= Beginning of Section =

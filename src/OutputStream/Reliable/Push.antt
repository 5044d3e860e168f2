-- ===== src/OutputStream/Reliable/Push.antt =====
-- `push_submessage` as a whole.

use micro_xrce_dds_agent.Common.{
  ℕ, ◌+◌, ◌-◌, ◌%◌, ◌^◌, ◌≤◌, ◌<◌, ◌≡◌, refl, sym, ap, ap₂, ◌∙◌, true, false, List, ◌++◌, some,
  length, arith, leb, ==_iff,
}
use micro_xrce_dds_agent.Cdr.{Cdr}
use micro_xrce_dds_agent.Message.Header.{
  SubmessageHeader, header_size, subheader_size, serialize_subheader,
}
use micro_xrce_dds_agent.Message.Header.RoundTrip.{
  header_size_lem, subheader_size_lem, serialize_subheader-Puts, header_bytes, subheader_bytes,
}
use micro_xrce_dds_agent.Message.Output.{Submessage}
use micro_xrce_dds_agent.OutputStream.BestEffort.{next_header}
use micro_xrce_dds_agent.OutputStream.Types.{SessionInfo}
use micro_xrce_dds_agent.OutputStream.Reliable.{
  ReliableOutputStream, has_room, push_submessage, push_sized, push_buffer, all_cut, fragment_loop,
}
use micro_xrce_dds_agent.OutputStream.Reliable.Fragments.{Fragmented, push_fragments}
use micro_xrce_dds_agent.OutputStream.Reliable.Fragments.Loop
use micro_xrce_dds_agent.Cdr.Sequence.{Puts-put}

abbrev pub header_length : SessionInfo → ℕ → ℕ
header_length info stream_id = length (header_bytes (next_header info stream_id 0))

abbrev pub submessage_header : ℕ → Submessage → SubmessageHeader
submessage_header id sub = record {
  submessage_id = id;
  flags = 1;
  submessage_length = sub.serialized_size % 2 ^ 16;
}

module _ (c : Cdr) (info : SessionInfo) (stream_id : ℕ) (key : length info.client_key ≡ 4) where
  sizes :
      (header_size c (next_header info stream_id 0) 0 ≡ (header_length info stream_id))
      × (subheader_size c 0 ≡ 4)
  sizes = (header_size_lem c (next_header info stream_id 0) key, subheader_size_lem c 0 refl)

  module _ (id : ℕ) (sub : Submessage) (true_size : length sub.bytes ≡ sub.serialized_size) where
    -- The buffer of the submessage that is cut into fragments.
    serialized :
        let (written, w) =
          serialize_subheader c (submessage_header id sub) (c.writer (4 + sub.serialized_size)) in
        let (complete, w') = c.put sub.bytes w in
        (written ≡ true)
        × (complete ≡ true)
        × (c.written w' ≡ subheader_bytes (submessage_header id sub) ++ sub.bytes)
    serialized =
        let w0 = c.writer (4 + sub.serialized_size) in
        let start = c.written-writer (4 + sub.serialized_size) in
        let cap = c.capacity-writer (4 + sub.serialized_size) in
        let p =
          serialize_subheader-Puts c (submessage_header id sub) w0 (rw start refl)
            (rw (start, cap) (omega arith)) in
        let q =
          Puts-put c sub.bytes (serialize_subheader c (submessage_header id sub) w0).1
            (rw (p.bytes, p.room, start, cap) (omega arith)) in
        (
          p.done,
          q.done,
          q.bytes
              ∙ ap (λ xs. xs ++ sub.bytes)
                  (p.bytes ∙ ap (λ xs. xs ++ subheader_bytes (submessage_header id sub)) start),
        )

    cut_buffer :
        (fuel : ℕ) (buf : List ℕ) (s : ReliableOutputStream c)
        → (header_length info stream_id) + 4 < info.mtu
        → info.mtu < 2 ^ 16
        → 0 < length buf
        → length buf < 2 ^ 16
        → length buf ≤ fuel
        → (fs : List (ℕ × List ℕ)) × Fragmented
            (info.mtu - (header_length info stream_id) - 4)
            buf
            fs
          × (push_buffer c fuel info stream_id (header_length info stream_id) 4 (length buf) buf s
              ≡ some
                  (true, push_fragments c info stream_id ((header_length info stream_id) + 4) fs s))
    unfolding push_buffer Loop.loop
    cut_buffer fuel buf s wide small filled short enough =
        let max_size : (info.mtu + 2 ^ 64 - (header_length info stream_id) - 4) % 2 ^ 64
            ≡ info.mtu - (header_length info stream_id) - 4 =
          omega arith in
        let ends =
          Loop.loop_lem c info stream_id key ((header_length info stream_id) + 4) buf
            (info.mtu - (header_length info stream_id) - 4) (omega arith) (omega arith) short
            (omega arith) (λ seq. refl) fuel (record { serialized_size = 0; flags = 1; stream = s })
            filled refl (omega arith) in
        (
          ends.fragments,
          ends.cut,
          ap
                (λ m. all_cut c (length buf) (
                  fragment_loop c info stream_id buf (length buf)
                    ((header_length info stream_id) + 4) m fuel
                    (record { serialized_size = 0; flags = 1; stream = s })))
                max_size
              ∙ ap (all_cut c (length buf)) ends.result
              ∙ ap₂ (λ b t. some (b, t)) ((==_iff _ _).1 ends.complete) ends.stored,
        )

    -- A submessage that does not fit the MTU with its headers is cut into fragments that do, which are stored in order under consecutive numbers, and the call succeeds, when the stream has room, the MTU is below 2^16 and greater than the two headers of a fragment, and the submessage with its header is shorter than 2^16 bytes; at most as many rounds are needed as that is bytes. The bytes of the submessage are as many as it says, and the client key is four octets.
    pub push_submessage-Fragmented :
        (fuel depth : ℕ) (s : ReliableOutputStream c)
        → has_room c depth s ≡ true
        → info.mtu < (header_length info stream_id) + (4 + sub.serialized_size)
        → (header_length info stream_id) + 4 < info.mtu
        → info.mtu < 2 ^ 16
        → 4 + sub.serialized_size < 2 ^ 16
        → 4 + sub.serialized_size ≤ fuel
        → (fs : List (ℕ × List ℕ)) × Fragmented
            (info.mtu - (header_length info stream_id) - 4)
            (subheader_bytes (submessage_header id sub) ++ sub.bytes)
            fs
          × (push_submessage c fuel depth info stream_id id sub s
              ≡ some
                  (true, push_fragments c info stream_id ((header_length info stream_id) + 4) fs s))
    unfolding push_submessage push_sized
    push_submessage-Fragmented fuel depth s room large wide small short enough =
        let over : leb ((header_length info stream_id) + (4 + sub.serialized_size)) info.mtu
            ≡ false =
          ground arith in
        let (written, complete, bytes) = serialized in
        let buf = subheader_bytes (submessage_header id sub) ++ sub.bytes in
        let size : length buf ≡ 4 + sub.serialized_size = omega (arith, true_size) in
        let (fs, cut, done) =
          cut_buffer fuel buf s wide small (omega arith) (omega arith) (omega arith) in
        (
          fs,
          cut,
          rw room (
              ap₂ (λ h k. push_sized c fuel info stream_id id sub s h k) sizes.0 sizes.1
              ∙ rw (over, written, complete)
                  (ap₂
                      (λ n b.
                        push_buffer c fuel info stream_id (header_length info stream_id) 4 n b s)
                      (sym size) bytes
                    ∙ done)),
        )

= End of Section =

Work order: Retype the entries word for word.

Exercise answer:
filename src/OutputStream/Reliable/Push.antt
repository 5044d3e860e168f2
-- ===== src/OutputStream/Reliable/Push.antt =====
-- `push_submessage` as a whole.

use micro_xrce_dds_agent.Common.{
  ℕ, ◌+◌, ◌-◌, ◌%◌, ◌^◌, ◌≤◌, ◌<◌, ◌≡◌, refl, sym, ap, ap₂, ◌∙◌, true, false, List, ◌++◌, some,
  length, arith, leb, ==_iff,
}
use micro_xrce_dds_agent.Cdr.{Cdr}
use micro_xrce_dds_agent.Message.Header.{
  SubmessageHeader, header_size, subheader_size, serialize_subheader,
}
use micro_xrce_dds_agent.Message.Header.RoundTrip.{
  header_size_lem, subheader_size_lem, serialize_subheader-Puts, header_bytes, subheader_bytes,
}
use micro_xrce_dds_agent.Message.Output.{Submessage}
use micro_xrce_dds_agent.OutputStream.BestEffort.{next_header}
use micro_xrce_dds_agent.OutputStream.Types.{SessionInfo}
use micro_xrce_dds_agent.OutputStream.Reliable.{
  ReliableOutputStream, has_room, push_submessage, push_sized, push_buffer, all_cut, fragment_loop,
}
use micro_xrce_dds_agent.OutputStream.Reliable.Fragments.{Fragmented, push_fragments}
use micro_xrce_dds_agent.OutputStream.Reliable.Fragments.Loop
use micro_xrce_dds_agent.Cdr.Sequence.{Puts-put}

abbrev pub header_length : SessionInfo → ℕ → ℕ
header_length info stream_id = length (header_bytes (next_header info stream_id 0))

abbrev pub submessage_header : ℕ → Submessage → SubmessageHeader
submessage_header id sub = record {
  submessage_id = id;
  flags = 1;
  submessage_length = sub.serialized_size % 2 ^ 16;
}

module _ (c : Cdr) (info : SessionInfo) (stream_id : ℕ) (key : length info.client_key ≡ 4) where
  sizes :
      (header_size c (next_header info stream_id 0) 0 ≡ (header_length info stream_id))
      × (subheader_size c 0 ≡ 4)
  sizes = (header_size_lem c (next_header info stream_id 0) key, subheader_size_lem c 0 refl)

  module _ (id : ℕ) (sub : Submessage) (true_size : length sub.bytes ≡ sub.serialized_size) where
    -- The buffer of the submessage that is cut into fragments.
    serialized :
        let (written, w) =
          serialize_subheader c (submessage_header id sub) (c.writer (4 + sub.serialized_size)) in
        let (complete, w') = c.put sub.bytes w in
        (written ≡ true)
        × (complete ≡ true)
        × (c.written w' ≡ subheader_bytes (submessage_header id sub) ++ sub.bytes)
    serialized =
        let w0 = c.writer (4 + sub.serialized_size) in
        let start = c.written-writer (4 + sub.serialized_size) in
        let cap = c.capacity-writer (4 + sub.serialized_size) in
        let p =
          serialize_subheader-Puts c (submessage_header id sub) w0 (rw start refl)
            (rw (start, cap) (omega arith)) in
        let q =
          Puts-put c sub.bytes (serialize_subheader c (submessage_header id sub) w0).1
            (rw (p.bytes, p.room, start, cap) (omega arith)) in
        (
          p.done,
          q.done,
          q.bytes
              ∙ ap (λ xs. xs ++ sub.bytes)
                  (p.bytes ∙ ap (λ xs. xs ++ subheader_bytes (submessage_header id sub)) start),
        )

    cut_buffer :
        (fuel : ℕ) (buf : List ℕ) (s : ReliableOutputStream c)
        → (header_length info stream_id) + 4 < info.mtu
        → info.mtu < 2 ^ 16
        → 0 < length buf
        → length buf < 2 ^ 16
        → length buf ≤ fuel
        → (fs : List (ℕ × List ℕ)) × Fragmented
            (info.mtu - (header_length info stream_id) - 4)
            buf
            fs
          × (push_buffer c fuel info stream_id (header_length info stream_id) 4 (length buf) buf s
              ≡ some
                  (true, push_fragments c info stream_id ((header_length info stream_id) + 4) fs s))
    unfolding push_buffer Loop.loop
    cut_buffer fuel buf s wide small filled short enough =
        let max_size : (info.mtu + 2 ^ 64 - (header_length info stream_id) - 4) % 2 ^ 64
            ≡ info.mtu - (header_length info stream_id) - 4 =
          omega arith in
        let ends =
          Loop.loop_lem c info stream_id key ((header_length info stream_id) + 4) buf
            (info.mtu - (header_length info stream_id) - 4) (omega arith) (omega arith) short
            (omega arith) (λ seq. refl) fuel (record { serialized_size = 0; flags = 1; stream = s })
            filled refl (omega arith) in
        (
          ends.fragments,
          ends.cut,
          ap
                (λ m. all_cut c (length buf) (
                  fragment_loop c info stream_id buf (length buf)
                    ((header_length info stream_id) + 4) m fuel
                    (record { serialized_size = 0; flags = 1; stream = s })))
                max_size
              ∙ ap (all_cut c (length buf)) ends.result
              ∙ ap₂ (λ b t. some (b, t)) ((==_iff _ _).1 ends.complete) ends.stored,
        )

    -- A submessage that does not fit the MTU with its headers is cut into fragments that do, which are stored in order under consecutive numbers, and the call succeeds, when the stream has room, the MTU is below 2^16 and greater than the two headers of a fragment, and the submessage with its header is shorter than 2^16 bytes; at most as many rounds are needed as that is bytes. The bytes of the submessage are as many as it says, and the client key is four octets.
    pub push_submessage-Fragmented :
        (fuel depth : ℕ) (s : ReliableOutputStream c)
        → has_room c depth s ≡ true
        → info.mtu < (header_length info stream_id) + (4 + sub.serialized_size)
        → (header_length info stream_id) + 4 < info.mtu
        → info.mtu < 2 ^ 16
        → 4 + sub.serialized_size < 2 ^ 16
        → 4 + sub.serialized_size ≤ fuel
        → (fs : List (ℕ × List ℕ)) × Fragmented
            (info.mtu - (header_length info stream_id) - 4)
            (subheader_bytes (submessage_header id sub) ++ sub.bytes)
            fs
          × (push_submessage c fuel depth info stream_id id sub s
              ≡ some
                  (true, push_fragments c info stream_id ((header_length info stream_id) + 4) fs s))
    unfolding push_submessage push_sized
    push_submessage-Fragmented fuel depth s room large wide small short enough =
        let over : leb ((header_length info stream_id) + (4 + sub.serialized_size)) info.mtu
            ≡ false =
          ground arith in
        let (written, complete, bytes) = serialized in
        let buf = subheader_bytes (submessage_header id sub) ++ sub.bytes in
        let size : length buf ≡ 4 + sub.serialized_size = omega (arith, true_size) in
        let (fs, cut, done) =
          cut_buffer fuel buf s wide small (omega arith) (omega arith) (omega arith) in
        (
          fs,
          cut,
          rw room (
              ap₂ (λ h k. push_sized c fuel info stream_id id sub s h k) sizes.0 sizes.1
              ∙ rw (over, written, complete)
                  (ap₂
                      (λ n b.
                        push_buffer c fuel info stream_id (header_length info stream_id) 4 n b s)
                      (sym size) bytes
                    ∙ done)),
        )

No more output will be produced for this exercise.